In 1679 Maria Sibylla Merian published the first volume of The Caterpillars' Marvelous Transformation and Strange Floral Food, which contained 50 illustrations and a description of insects, moths, butterflies and their larvae.[33] An earlier popular publication on moths and butterflies, and their caterpillars, by Jan Goedart had not included eggs in the life stages of European moths and butterflies, because he had believed that caterpillars were generated from water. When Merian published her study of caterpillars it was still widely believed that insects were spontaneously generated. Merian's illustrations supported the findings of Francesco Redi, Marcello Malpighi and Jan Swammerdam.[33]
Butterflies were regarded as symbol for the human soul since ancient time, and also in the Christian tradition.[35] Goedart thus located his empirical observations on the transformation of caterpillars into butterflies in the Christian tradition.
As such he argued that the metamorphosis from caterpillar into butterfly was a symbol, and even proof, of Christ's resurrection.

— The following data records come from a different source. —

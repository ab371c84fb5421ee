-- ===== src/Limiter/FixedWindow.antt =====
-- internal/limiter/scripts/fixed_window.lua. Below 2 ^ 53 the quotient that `math.floor` takes is
-- that of the natural numbers.
pub mod Log
pub mod Invariant
pub mod Refinement
use ratelimit_gateway.Base.{
  ℕ, ◌+◌, ◌-◌, ◌*◌, ◌/◌, ◌≡◌, String, List, [], ◌∷◌, if◌then◌else◌, ltb, ◌==◌, template,
}
use ratelimit_gateway.Limiter.{Reply}
use ratelimit_gateway.Limiter.Store.{Counters}

-- The first argument is the text of a number in Lua's `..`,
-- exact for whole numbers below 10 ^ 14.
abbrev pub window_key : (ℕ → String) → String → ℕ → String
window_key text_of prefix index = template (prefix ∷ ":" ∷ text_of index ∷ [])

module _ {ℓ} {S : Type ℓ} ⦃counters : Counters S⦄ (text_of : ℕ → String) where
  open counters use {incr, pexpire}

  unfoldable pub fixed_window : String → ℕ → ℕ → ℕ → S → Reply × S
  fixed_window prefix now window limit s =
      let window_index = now / window in
      let key = window_key text_of prefix window_index in
      let (count, counted) = incr key now s in
      let changed = if count == 1 then pexpire key window now counted else counted in
      let reset_after = (window_index + 1) * window - now in
      (
        record {
          allowed = if ltb limit count then 0 else 1;
          remaining = limit - count;
          retry_after_ms = if ltb limit count then reset_after else 0;
          reset_after_ms = reset_after;
        },
        changed,
      )

  -- The answers to requests of one caller at these times.
  unfoldable pub fixed_replies : String → ℕ → ℕ → List ℕ → S → List Reply
  fixed_replies prefix window limit [] s = []
  fixed_replies prefix window limit (t ∷ ts) s =
      let (reply, after) = fixed_window prefix t window limit s in
      reply ∷ fixed_replies prefix window limit ts after
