-- ===== src/Limiter/FixedWindow/Log.antt =====
-- What internal/limiter/scripts/fixed_window.lua promises, without a store: the earlier requests of
-- the same window decide.
use native.Mathlib.Nat.{lt-div-mul-add, div-mul-le_self, le-div_iff_mul-le, div-lt_iff_lt-mul}
use ratelimit_gateway.Base.{
  ℕ, ◌+◌, ◌*◌, ◌/◌, ◌≤◌, ◌<◌, ◌≡◌, ap, Bool, true, List, [], ◌∷◌, ltb, ◌==◌, ◌-◌, ◌⊎◌, ==_iff,
  count-le_sum, count, arith, Bool-cases, inl, inr,
}
use ratelimit_gateway.Limiter.SlidingWindow.Log.{is_within, admitted}

-- The time belongs to the window of this number.
abbrev pub in_window : ℕ → ℕ → ℕ → Bool
in_window window index t = t / window == index

abbrev pub earlier_of : ℕ → List ℕ → ℕ → ℕ
earlier_of window earlier now = count (in_window window (now / window)) earlier

-- The decisions on requests at these times, after earlier ones.
abbrev pub fixed_decisions : ℕ → ℕ → List ℕ → List ℕ → List Bool
fixed_decisions window limit earlier [] = []
fixed_decisions window limit earlier (t ∷ ts) =
    ltb (earlier_of window earlier t) limit ∷ fixed_decisions window limit (t ∷ earlier) ts

-- Times of one window are less than its length apart.
pub same_window : (window t now : ℕ) → 0 < window → t / window ≡ now / window → t < now + window
same_window window t now wide same = omega (
  arith,
  lt-div-mul-add {a = t} {b = window} wide,
  div-mul-le_self now window,
  ap (λ n. n * window) same,
)

-- Of one window no more requests are admitted than the earlier ones leave room for.
count_in-fixed_decisions :
    (window limit index : ℕ) (ts earlier : List ℕ)
    → count (in_window window index) (admitted ts (fixed_decisions window limit earlier ts))
      ≤ limit - count (in_window window index) earlier
count_in-fixed_decisions window limit index [] earlier = omega arith
count_in-fixed_decisions window limit index (t ∷ ts) earlier =
    let fewer = count_in-fixed_decisions window limit index ts (t ∷ earlier) in
    elim (Bool-cases (t / window == index)) [
      | inl here ↦
          let e : t / window ≡ index = (==_iff (t / window) index).0 here in
          let n : earlier_of window earlier t ≡ count (in_window window index) earlier =
            ap (λ i. count (in_window window i) earlier) e in
          ground arith
      | inr there ↦ ground arith
    ]

index_within :
    (window start a : ℕ)
    → 0 < window
    → is_within window start a ≡ true
    → (in_window window (start / window) a ≡ true)
      ⊎ (in_window window (start / window + 1) a ≡ true)
index_within window start a wide within =
    let low : start / window ≤ a / window =
      (le-div_iff_mul-le {k = window} {x = start / window} {y = a} wide).1
        (let h = div-mul-le_self start window in ground arith) in
    let high : a / window < start / window + 2 =
      (div-lt_iff_lt-mul {k = window} {x = a} {y = start / window + 2} wide).1
        (let h = lt-div-mul-add {a = start} {b = window} wide in ground arith) in
    ground arith

-- In any stretch of time as long as the window, the fixed window admits at most twice the limit.
pub fixed_decisions-bound :
    (window limit start : ℕ) (ts : List ℕ)
    → 0 < window
    → count (is_within window start) (admitted ts (fixed_decisions window limit [] ts)) ≤ 2 * limit
fixed_decisions-bound window limit start ts wide =
    let times = admitted ts (fixed_decisions window limit [] ts) in
    omega (
      arith,
      count-le_sum (is_within window start) (in_window window (start / window))
          (in_window window (start / window + 1)) times (λ a. index_within window start a wide),
      count_in-fixed_decisions window limit (start / window) ts [],
      count_in-fixed_decisions window limit (start / window + 1) ts [],
    )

He argued "that from dead caterpillars emerge living animals; so it is equally true and miraculous, that our dead and rotten corpses will rise from the grave."[36] Swammerdam, who in 1669 had demonstrated that inside a caterpillar the rudiments of the future butterfly's limbs and wings could be discerned, attacked the mystical and religious notion that the caterpillar died and the butterfly subsequently resurrected.[36] As a militant Cartesian, Swammerdam attacked Goedart as ridiculous, and when publishing his findings he proclaimed "here we witness the digression of those who have tried to prove Resurrection of the Dead from these obviously natural and comprehensible changes within the creature itself."[36]
Since then the metamorphoses of the caterpillar into a butterfly has in Western societies been associated with countless human transformations in folktales and literature.
There is no process in the physical life of human beings that resembles this metamorphoses, and the symbol of the caterpillar tends to depict a psychic transformation of a human.
As such the caterpillar has in the Christian tradition become a metaphor for being "born again".[35]
Famously, in Lewis Carroll's Alice's Adventures in Wonderland a caterpillar asks Alice "Who are you?". When Alice comments on the caterpillar's inevitable transformation into a butterfly, the caterpillar champions the position that in spite of changes it is still possible to know something, and that Alice is the same Alice at the beginning and end of a considerable interval.[40] When the Caterpillar asks Alice to clarify a point, the child replies "I'm afraid I can't put it more clearly... for I can't but understand it myself, to begin with, and being so many different sizes in a day is very confusing". Here Carroll satirizes René Descartes, the founder of Cartesian philosophy, and his theory on innate ideas. Descartes argued that we are distracted by urgent bodily stimuli that swamp the human mind in childhood. Descartes also theorised that inherited preconceived opinions obstruct the human perception of the truth.[40]
More recent symbolic references to caterpillars in popular media include the Mad Men season 3season 3]] The Sopranos season 5 The Test Dream Tony Soprano Ralph Cifaretto has a caterpillar on his bald head that changes into a butterfly.